Saturday August, 11,

We’re back in Whittier; this time for more than a day trip.

Kenai Peninsula

We got a room with a view.

(I might have overused that phrase, but I can’t help myself.)  Dry camping.  No facilities.  No problem.

Lou and Alma.  We found your work boat.

Uh-oh.

The fireweed is fading.

Tractor Launch August, 10,

Who needs a marina and a boat ramp?  Want to get your boat into the ocean and there is no boat ramp?  Go with the tractor launch.

I didn’t get to see a boat launch, but I was there for a boat retrieval.  The tractor gets the call and heads down the bluff.

The boat approaches.

The tractor picks up the boat trailer

and backs into the water.

The boat gets closer.

…and locks in.

The boat gets dragged out of the water, through the sand, and back up to the top of the bluff!

Amazing but true!

Thursday August, 9,

Soldotna.

Kenai Peninsula

After weeks of weather in the 60s on the coast, we move inland a little and now it’s 80 degrees.  Back to one-shirt weather!  This feels pretty warm.

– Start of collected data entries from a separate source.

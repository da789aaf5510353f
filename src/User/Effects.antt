-- ===== src/User/Effects.antt =====
-- What the functions of user/lib/sysThrot.h have done when they return 0, or with an error that the
-- caller lets pass.
use syscall_throttling.Base.{
  ℕ, ◌≡◌, refl, subst, sym, Bool, true, false, ◌||◌, Option, none, some, inl, inr, ◌==◌,
  if◌then◌else◌, if_cases, Option-cases,
}
use syscall_throttling.Base.Int.{ℤ, pos, negsuc, is_zero, ◌-ℤ◌}
use syscall_throttling.Base.Code.{failure}
use syscall_throttling.Throttle.{Driver}
use syscall_throttling.Throttle.Events.{steps}
use syscall_throttling.Throttle.Switch.{wait_drained}
use syscall_throttling.Probe.Invariant.{IsApart}
use syscall_throttling.Ioctl.{Command, Argument, Module, command_by_root}
use syscall_throttling.Ioctl
use syscall_throttling.Ioctl.Access.{is_known, ioctl-checked}
use syscall_throttling.Ioctl.Safety.{IsSound}
use syscall_throttling.Ioctl.Effects.{Grows, IsOrder, Effect}
use syscall_throttling.Device.{sys_throt_open}
use syscall_throttling.User.{
  Machine, World, Result, opened, open_node, open_device, close_device, answered, stopped,
  come_back, ioctl, close_after, send,
}
use syscall_throttling.User.Closing.{open_device-Opens, Leaves, send-Leaves}

-- The program has gone on; the module has changed only as `R` says; and if the status passes then
-- `Goal` holds.
abbrev pub Effects :
    (R : Module → Module → Type 0) → (ℕ → Bool) → World → (Module → Type 0) → Result → Type 0
Effects R passes w Goal none = ⊥
Effects R passes w Goal (some (code, w1)) =
    R w.loaded w1.loaded × ((is_zero code || passes w1.errno) ≡ true → Goal w1.loaded)

-- The same, with the module sound.
abbrev pub Does :
    (R : Module → Module → Type 0)
    → Machine
    → (ℕ → Bool)
    → World
    → (Module → Type 0)
    → Result
    → Type 0
Does R c passes w Goal none = ⊥
Does R c passes w Goal (some (code, w1)) =
    IsSound c.kernel w1.loaded
    × R w.loaded w1.loaded
    × ((is_zero code || passes w1.errno) ≡ true → Goal w1.loaded)

-- With nothing lost.
abbrev pub Ensures : Machine → (ℕ → Bool) → World → (Module → Type 0) → Result → Type 0
Ensures = Does Grows

-- The end of the wait in `sysThrot_turn_off`.
abbrev pub Waited :
    (R : Module → Module → Type 0)
    → (ℕ → Bool)
    → (Module → Type 0)
    → Module
    → Module
    → Option (ℤ × Driver)
    → Type 0
Waited R passes Goal m m' none = ⊥
Waited R passes Goal m m' (some (code, d)) = Effect R passes m Goal (code, record m' { driver = d })

-- A command of root that comes back with a status, at once or after the wait, and does what `Goal`
-- says if that passes.
abbrev pub Commands :
    (R : Module → Module → Type 0)
    → Machine
    → (ℕ → Bool)
    → (Module → Type 0)
    → Module
    → Option ℤ × Module
    → Type 0
Commands R c passes Goal m (none, m') =
    let supported = c.kernel.supported in
    Waited R passes Goal m m' (
      wait_drained c.slab_available c.entry_available supported
        (steps c.slab_available c.entry_available supported m'.driver c.meanwhile))
Commands R c passes Goal m (some code, m') = Effect R passes m Goal (code, m')

-- The error numbers that mean that nothing has been done, of which none passes.
abbrev pub AreBasic : (ℕ → Bool) → Type 0
AreBasic passes = (passes 1 ≡ false) × (passes 12 ≡ false) × (passes 16 ≡ false)

module _ (R : Module → Module → Type 0) (order : IsOrder R) (c : Machine) (passes : ℕ → Bool)
    (errors : AreBasic passes) (node : (e : ℕ) → c.node_error ≡ some e → passes e ≡ false) where
  open-errors : (w : World) → (open_device c w).0 ≡ false → passes (open_device c w).1.errno ≡ false
  unfolding open_device open_node opened sys_throt_open
  open-errors w = elim (Option-cases c.node_error) [
    | inr (error, e) ↦ rw e (λ _. node error e)
    | inl e ↦
        let (_, _, busy) = errors in
        rw e (
          if_cases (λ (r : ℤ × ℤ). (opened w r).0 ≡ false → passes (opened w r).1.errno ≡ false)
            (is_zero (w.dev_available -ℤ pos 1)) (λ _ got. cc) (λ _ _. busy))
  ]

  close_after-Waited :
      (w : World) (m : Module) (Goal : Module → Type 0) (r : Option (ℤ × Driver))
      → Waited R passes Goal w.loaded m r
      → Effects R passes w Goal (close_after c (stopped c w m r))
  unfolding close_after close_device stopped answered
  close_after-Waited w m Goal none impossible = impossible
  close_after-Waited w m Goal (some (pos n, d)) (kept, goal) = (kept, λ _. goal refl)
  close_after-Waited w m Goal (some (negsuc n, d)) (kept, goal) = (kept, goal)

  close_after-Effects :
      (w : World) (Goal : Module → Type 0) (r : Option ℤ × Module)
      → Commands R c passes Goal w.loaded r
      → Effects R passes w Goal (close_after c (come_back c w r))
  unfolding close_after close_device come_back answered
  close_after-Effects w Goal (none, m) waited = close_after-Waited w m Goal _ waited
  close_after-Effects w Goal (some (pos n), m) (grows, goal) = (grows, λ _. goal refl)
  close_after-Effects w Goal (some (negsuc n), m) (grows, goal) = (grows, goal)

  module _ (command : Command) (arg : Argument) (Goal Fits : Module → Type 0)
      (known : is_known command ≡ true)
      (enrols : (m : Module)
        → Fits m
        → Commands R c passes Goal m
            (command_by_root c.available c.kernel c.made c.armed command arg m)) where
    ioctl-Commands :
        (m : Module)
        → Fits m
        → Commands R c passes Goal m
            (Ioctl.ioctl c.available c.kernel c.made c.armed c.uid command arg m)
    ioctl-Commands m v =
        let result : Option ℤ × Module → Type 0 = Commands R c passes Goal m in
        let (not_permitted, _, _) = errors in
        subst result (sym (ioctl-checked c.available c.kernel c.made c.armed c.uid command arg m)) (
          if_cases result (is_known command)
            (λ _.
              if_cases result (c.uid == 0) (λ _. enrols m v)
                (λ _. (order.same m, λ ok. absurd (cc (ok, not_permitted)))))
            (λ other. absurd (cc (known, other))))

    reloaded :
        (w w1 : World) (r : Result)
        → w1.loaded ≡ w.loaded
        → Effects R passes w1 Goal r
        → Effects R passes w Goal r
    reloaded w w1 none same impossible = impossible
    reloaded w w1 (some (code, w2)) same (grows, goal) =
        (subst (λ m. R m w2.loaded) same grows, goal)

    opened-Effects :
        (w : World) (r : Bool × World)
        → Fits w.loaded
        → r.1.loaded ≡ w.loaded
        → (r.0 ≡ false → passes r.1.errno ≡ false)
        → Effects R passes w Goal
            (if r.0 then close_after c (ioctl c command arg r.1) else some (failure, r.1))
    unfolding ioctl
    opened-Effects w (true, w1) v same fails =
        reloaded w w1 (close_after c (ioctl c command arg w1)) same
          (close_after-Effects w1 Goal _ (ioctl-Commands w1.loaded (subst Fits (sym same) v)))
    opened-Effects w (false, w1) v same fails =
        (subst (R w.loaded) (sym same) (order.same w.loaded), λ ok. absurd (cc (ok, fails refl)))

    send-Effects : (w : World) → Fits w.loaded → Effects R passes w Goal (send c command arg w)
    unfolding send
    send-Effects w v =
        let (same, _, _) = open_device-Opens c w in
        opened-Effects w (open_device c w) v same (open-errors w)

    sound :
        (w : World) (r : Result)
        → Leaves c w r
        → Effects R passes w Goal r
        → Does R c passes w Goal r
    sound w none left impossible = impossible
    sound w (some (code, w1)) (_, keeps) (grows, goal) = (keeps.0, grows, goal)

    pub send-Does :
        (ok : IsApart c.kernel) (w : World)
        → IsSound c.kernel w.loaded
        → Fits w.loaded
        → Does R c passes w Goal (send c command arg w)
    send-Does ok w v fits =
        sound w (send c command arg w) (send-Leaves c ok command arg w v) (send-Effects w fits)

Nice little campground.  We’ll stay here a couple days.  It’s time for an oil change on the Jeep.  It’s certainly time for a new air filter judging by what the outside of the car has been looking like!  Soldotna is a big enough town it has a Jeep dealer *and* a car wash.

Before we left Homer, I photographed a bunch of boat tops not currently in use.

I thought maybe these were winter gear for working boats and they take them off during the summer while the weather is nice, like putting the top down on a convertible, and put them back on in the winter for shelter.  I asked someone who seemed to know though, and he said they were ways to outfit the boats for different kinds of fishing.  When they’re long-lining for halibut these tops have the right kind of drums and other gear inside.  When they’re handling nets, they need a clearer deck and this equipment comes off.